CAT Flashcards
ACCOMMODATION
is understood “as a process concerned with how we can reduce (and, in some cases, even magnify) communicative differences between people in interaction”
Convergence
is a a strategy in which people adapt their communicative behaviours to become more similar to their partner in converstation in terms of
• a wide range of linguistic (e.g., speech rate, accents), • paralinguistic (e.g., pauses, utterance length), • and nonverbal features (e.g., smiling, gazing)
Preston’s (1981) research indicates that it is often considered with distrust and seen as controlling by the addressee.
Divergence
is the strategy leading to an emphasis of speech and nonverbal differences between the self and the other.
Maintainance
is a phenomenon similar to divergence, where a person persists in his or her original style, perhaps for reasons of authenticity or consistency, without taking into account the style of interlocutor (Bourhis, 1979; Soliz and Giles, 2016).
PRINCIPLE I
Speakers will, up to an optimal level, increasingly accommodate the communicative patterns believed characteristic of their interactants the more they wish to
• Signal positive face and empathy; • Elicit the other’s approval, respect, understanding, trust, compliance, and cooperation;
• Develop a closer relationship; • Defuse a potentially volatile situation; or • Signal common social identities.
PRINCIPLE II
When attributed (typically) with positive intent, patterns of perceived accommodation increasingly and cumulatively enhance recipients’ • Self-esteem; • Task, interactional, and job satisfaction; • Favourable images of the speaker’s group, fostering the potential for partnerships to achieve common goals; • Mutual understanding, felt supportiveness, and life satisfaction; and • Attributions of speaker politeness, empathy, competence, benevolence, and trust.
PRINCIPLE III
Speakers will increasingly nonaccommodate (e.g., diverge from) the communicative patterns believed characteristic of their interactants, the more they wish to signal (or promote)

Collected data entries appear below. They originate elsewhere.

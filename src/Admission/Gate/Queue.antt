-- ===== src/Admission/Gate/Queue.antt =====
-- The identifiers of those who wait, in order of arrival, split by their flags.
use kvmux.Prelude.{
  ℕ, suc, ◌+◌, ◌≤◌, ◌<◌, ◌≡◌, refl, inl, inr, Bool, true, false, List, [], ◌∷◌, ◌++◌, arith, ◌==◌,
  if◌then◌else◌, Bool-cases, length,
}
use kvmux.Admission.Gate.{assign, erase_first, contains}

-- Strictly ascending, from `lo` and below `hi`.
abbrev pub Ascends : ℕ → ℕ → List ℕ → Type 0
Ascends lo hi [] = Unit
Ascends lo hi (x ∷ xs) = (lo ≤ x) × (x < hi) × Ascends (suc x) hi xs

-- Those whose flag is not set, and how many have it set.
abbrev pub ungranted : (ℕ → Bool) → List ℕ → List ℕ
ungranted g [] = []
ungranted g (i ∷ is) = if g i then ungranted g is else i ∷ ungranted g is

abbrev pub pending : (ℕ → Bool) → List ℕ → ℕ
pending g [] = 0
pending g (i ∷ is) = (if g i then 1 else 0) + pending g is

Ascends-down : {k lo : ℕ} (hi : ℕ) (xs : List ℕ) → k ≤ lo → Ascends lo hi xs → Ascends k hi xs
Ascends-down hi [] h a = tt
Ascends-down hi (x ∷ xs) h a = (omega arith, a.1, a.2)

pub Ascends-join :
    (lo hi : ℕ) (xs : List ℕ) → lo ≤ hi → Ascends lo hi xs → Ascends lo (hi + 1) (xs ++ hi ∷ [])
Ascends-join lo hi [] h a = (h, omega arith, tt)
Ascends-join lo hi (x ∷ xs) h a = (a.0, omega arith, Ascends-join (suc x) hi xs (a.1) a.2)

pub erase_first-Ascends :
    (i lo hi : ℕ) (xs : List ℕ) → Ascends lo hi xs → Ascends lo hi (erase_first i xs)
unfolding erase_first
erase_first-Ascends i lo hi [] a = tt
erase_first-Ascends i lo hi (x ∷ xs) a = elim (Bool-cases (x == i)) [
  | inl e ↦ rw e (Ascends-down hi xs (omega (arith, a.0)) a.2)
  | inr e ↦ rw e (a.0, a.1, erase_first-Ascends i (suc x) hi xs a.2)
]

-- A flag written below or above the list does not show in it.
pub assign_above :
    (g : ℕ → Bool) (i : ℕ) (b : Bool) (lo hi : ℕ) (xs : List ℕ)
    → Ascends lo hi xs
    → hi ≤ i
    → (ungranted (assign g i b) xs ≡ ungranted g xs) × (pending (assign g i b) xs ≡ pending g xs)
assign_above g i b lo hi [] a h = (refl, refl)
assign_above g i b lo hi (x ∷ xs) a h = ground (arith, assign_above g i b (suc x) hi xs a.2 h)

pub assign_below :
    (g : ℕ → Bool) (i : ℕ) (b : Bool) (lo hi : ℕ) (xs : List ℕ)
    → Ascends lo hi xs
    → i < lo
    → (ungranted (assign g i b) xs ≡ ungranted g xs) × (pending (assign g i b) xs ≡ pending g xs)
assign_below g i b lo hi [] a h = (refl, refl)
assign_below g i b lo hi (x ∷ xs) a h =
    ground (arith, assign_below g i b (suc x) hi xs a.2 (omega (arith, a.0)))

pub ungranted-join :
    (g : ℕ → Bool) (i : ℕ) (xs : List ℕ)
    → g i ≡ false
    → (ungranted g (xs ++ i ∷ []) ≡ ungranted g xs ++ i ∷ [])
      × (pending g (xs ++ i ∷ []) ≡ pending g xs)
ungranted-join g i [] h = ground arith
ungranted-join g i (x ∷ xs) h = ground (arith, ungranted-join g i xs h)

-- Setting the flag of the first that waits takes it off the queue.
pub grant_first :
    (g : ℕ → Bool) (i : ℕ) (is : List ℕ) (lo hi : ℕ) (xs : List ℕ)
    → Ascends lo hi xs
    → ungranted g xs ≡ i ∷ is
    → (ungranted (assign g i true) xs ≡ is) × (pending (assign g i true) xs ≡ pending g xs + 1)
grant_first g i is lo hi [] a e = cc
grant_first g i is lo hi (x ∷ xs) a e =
    ground (arith, grant_first g i is (suc x) hi xs a.2, assign_below g i true (suc x) hi xs a.2)

-- Taking one out that has been granted its slot, and one that has not.
pub erase_granted :
    (g : ℕ → Bool) (i : ℕ) (xs : List ℕ)
    → contains i xs ≡ true
    → g i ≡ true
    → (ungranted g (erase_first i xs) ≡ ungranted g xs)
      × (pending g (erase_first i xs) + 1 ≡ pending g xs)
unfolding contains erase_first
erase_granted g i [] c h = cc
erase_granted g i (x ∷ xs) c h = ground (arith, erase_granted g i xs)

pub erase_ungranted :
    (g : ℕ → Bool) (i : ℕ) (xs : List ℕ)
    → g i ≡ false
    → (ungranted g (erase_first i xs) ≡ erase_first i (ungranted g xs))
      × (pending g (erase_first i xs) ≡ pending g xs)
unfolding erase_first
erase_ungranted g i [] h = (refl, refl)
erase_ungranted g i (x ∷ xs) h = ground (arith, erase_ungranted g i xs h)

pub length-erase_first : (i : ℕ) (xs : List ℕ) → length (erase_first i xs) ≤ length xs
unfolding erase_first
length-erase_first i [] = omega arith
length-erase_first i (x ∷ xs) = ground (arith, length-erase_first i xs)

pub contains-ungranted :
    (g : ℕ → Bool) (i : ℕ) (xs : List ℕ)
    → contains i xs ≡ true
    → g i ≡ false
    → contains i (ungranted g xs) ≡ true
unfolding contains
contains-ungranted g i [] c h = c
contains-ungranted g i (x ∷ xs) c h = ground (arith, contains-ungranted g i xs)

not_above :
    (g : ℕ → Bool) (i lo hi : ℕ) (xs : List ℕ)
    → Ascends lo hi xs
    → i < lo
    → contains i (ungranted g xs) ≡ false
unfolding contains
not_above g i lo hi [] a h = refl
not_above g i lo hi (x ∷ xs) a h = ground (arith, not_above g i (suc x) hi xs a.2)

pub not_twice :
    (g : ℕ → Bool) (i lo hi : ℕ) (xs : List ℕ)
    → Ascends lo hi xs
    → contains i (erase_first i (ungranted g xs)) ≡ false
unfolding contains erase_first
not_twice g i lo hi [] a = refl
not_twice g i lo hi (x ∷ xs) a =
    ground (arith, not_twice g i (suc x) hi xs a.2, not_above g i (suc x) hi xs a.2)
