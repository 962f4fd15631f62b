-- ===== src/Admission/Gate/Invariant.antt =====
-- What holds of the gate and the coroutines that use it, however their steps interleave.
use kvmux.Prelude.{
  ap, ◌∙◌, ℕ, ◌+◌, ◌≤◌, ◌<◌, ◌≡◌, refl, ◌≢◌, true, false, List, [], ◌∷◌, arith, length,
  length-append,
}
use kvmux.Admission.Gate.{
  assign, enter, resume, release, World, start, arrive, wake, leave, contains, Step, arrives, wakes,
  leaves, Reach, here, next,
}
use kvmux.Admission.Gate.Queue.{
  Ascends, ungranted, pending, Ascends-join, erase_first-Ascends, assign_above, ungranted-join,
  grant_first, erase_granted, erase_ungranted, length-erase_first,
}

pub record Inv (ceiling depth : ℕ) (w : World) : Type 0 where
  -- the constants of the gate
  pub ceiling_is : w.gate.max_concurrent ≡ ceiling
  pub depth_is : w.gate.queue_depth ≡ depth
  -- the queue is those who wait and have not been granted a slot, in order of arrival
  pub queue : w.gate.waiters ≡ ungranted w.gate.granted w.suspended
  pub ascends : Ascends 0 w.gate.next_waiter w.suspended
  pub bounded : length w.gate.waiters ≤ depth
  -- every slot counted is held by a ticket or granted to a coroutine that has yet to resume
  pub conserved : w.gate.in_flight ≡ w.holders + pending w.gate.granted w.suspended
  pub within : w.gate.in_flight ≤ ceiling
  -- nobody waits while a slot is free
  pub full : w.gate.waiters ≢ [] → w.gate.in_flight ≡ ceiling

start-Inv : (ceiling depth : ℕ) → Inv ceiling depth (start ceiling depth)
start-Inv ceiling depth = record {
  ceiling_is = refl;
  depth_is = refl;
  queue = refl;
  ascends = tt;
  bounded = omega arith;
  conserved = omega arith;
  within = omega arith;
  full = λ h. absurd (h refl);
}

module _ {ceiling depth : ℕ} where
  arrive-Inv : (w : World) → Inv ceiling depth w → Inv ceiling depth (arrive w)
  unfolding arrive enter
  arrive-Inv w v =
      let above =
        assign_above w.gate.granted w.gate.next_waiter false 0 w.gate.next_waiter w.suspended
          v.ascends (omega arith) in
      let joined =
        ungranted-join (assign w.gate.granted w.gate.next_waiter false) w.gate.next_waiter
          w.suspended (ground arith) in
      ground (
        arith,
        length-append w.gate.waiters (w.gate.next_waiter ∷ []),
        Ascends-join 0 w.gate.next_waiter w.suspended (omega arith) v.ascends,
        above,
        joined,
      )

  wake-Inv :
      (w : World) (i : ℕ)
      → contains i w.suspended ≡ true
      → Inv ceiling depth w
      → Inv ceiling depth (wake w i)
  unfolding wake resume
  wake-Inv w i c v = ground (
    arith,
    erase_granted w.gate.granted i w.suspended c,
    erase_ungranted w.gate.granted i w.suspended,
    erase_first-Ascends i 0 w.gate.next_waiter w.suspended v.ascends,
    length-erase_first i w.gate.waiters,
    v.full,
  )

  leave_to :
      (w : World) (ws : List ℕ)
      → w.gate.waiters ≡ ws
      → 0 < w.holders
      → Inv ceiling depth w
      → Inv ceiling depth (leave w)
  unfolding leave release
  leave_to w [] e h v = ground arith
  leave_to w (i ∷ is) e h v =
      ground (arith, grant_first w.gate.granted i is 0 w.gate.next_waiter w.suspended v.ascends)

  Step-Inv : {w v : World} → Step w v → Inv ceiling depth w → Inv ceiling depth v
  Step-Inv {w} (arrives e) v = rw e (arrive-Inv w v)
  Step-Inv {w} (wakes i c e) v = rw e (wake-Inv w i c v)
  Step-Inv {w} (leaves h e) v = rw e (leave_to w w.gate.waiters refl h v)

  Reach-keeps : {w v : World} → Inv ceiling depth w → Reach w v → Inv ceiling depth v
  Reach-keeps i here = i
  Reach-keeps i (next r s) = Step-Inv s (Reach-keeps i r)

-- However arrivals, timeouts, grants and releases interleave: the count of slots in flight is exactly
-- the tickets held plus the grants not yet taken up, it never exceeds the ceiling, no more than
-- `queue_depth` wait, the queue is those still waiting in order of arrival, and nobody waits unless
-- every slot is taken.
pub Reach-Inv :
    (ceiling depth : ℕ) {w : World} → Reach (start ceiling depth) w → Inv ceiling depth w
Reach-Inv ceiling depth r = Reach-keeps (start-Inv ceiling depth) r

abbrev pub Idle : World → Type 0
Idle w = (w.holders ≡ 0) × (pending w.gate.granted w.suspended ≡ 0)

-- With nobody in `acquire` and no ticket held, no slot is counted and nobody is in the queue.
pub Inv-unused :
    {ceiling depth : ℕ} {w : World}
    → Inv ceiling depth w
    → w.suspended ≡ []
    → w.holders ≡ 0
    → (w.gate.in_flight ≡ 0) × (w.gate.waiters ≡ [])
Inv-unused {w = w} v nobody none_held = (
  v.conserved ∙ ap (λ xs. w.holders + pending w.gate.granted xs) nobody ∙ omega (arith, none_held),
  v.queue ∙ ap (ungranted w.gate.granted) nobody,
)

• Relational dissatisfaction or disaffection with and disrespect for the others’ traits, actions, or social identities.
PRINCIPLE IV
When attributed with (usually) harmful intent, patterns of perceived nonaccommodation (e.g., divergence) will be
• Evaluated unfavourably as unfriendly, impolite, or communicatively incompetent; and
• Reacted to negatively by recipients (e.g., recipients will perceive speaker to be lacking in empathy and trust).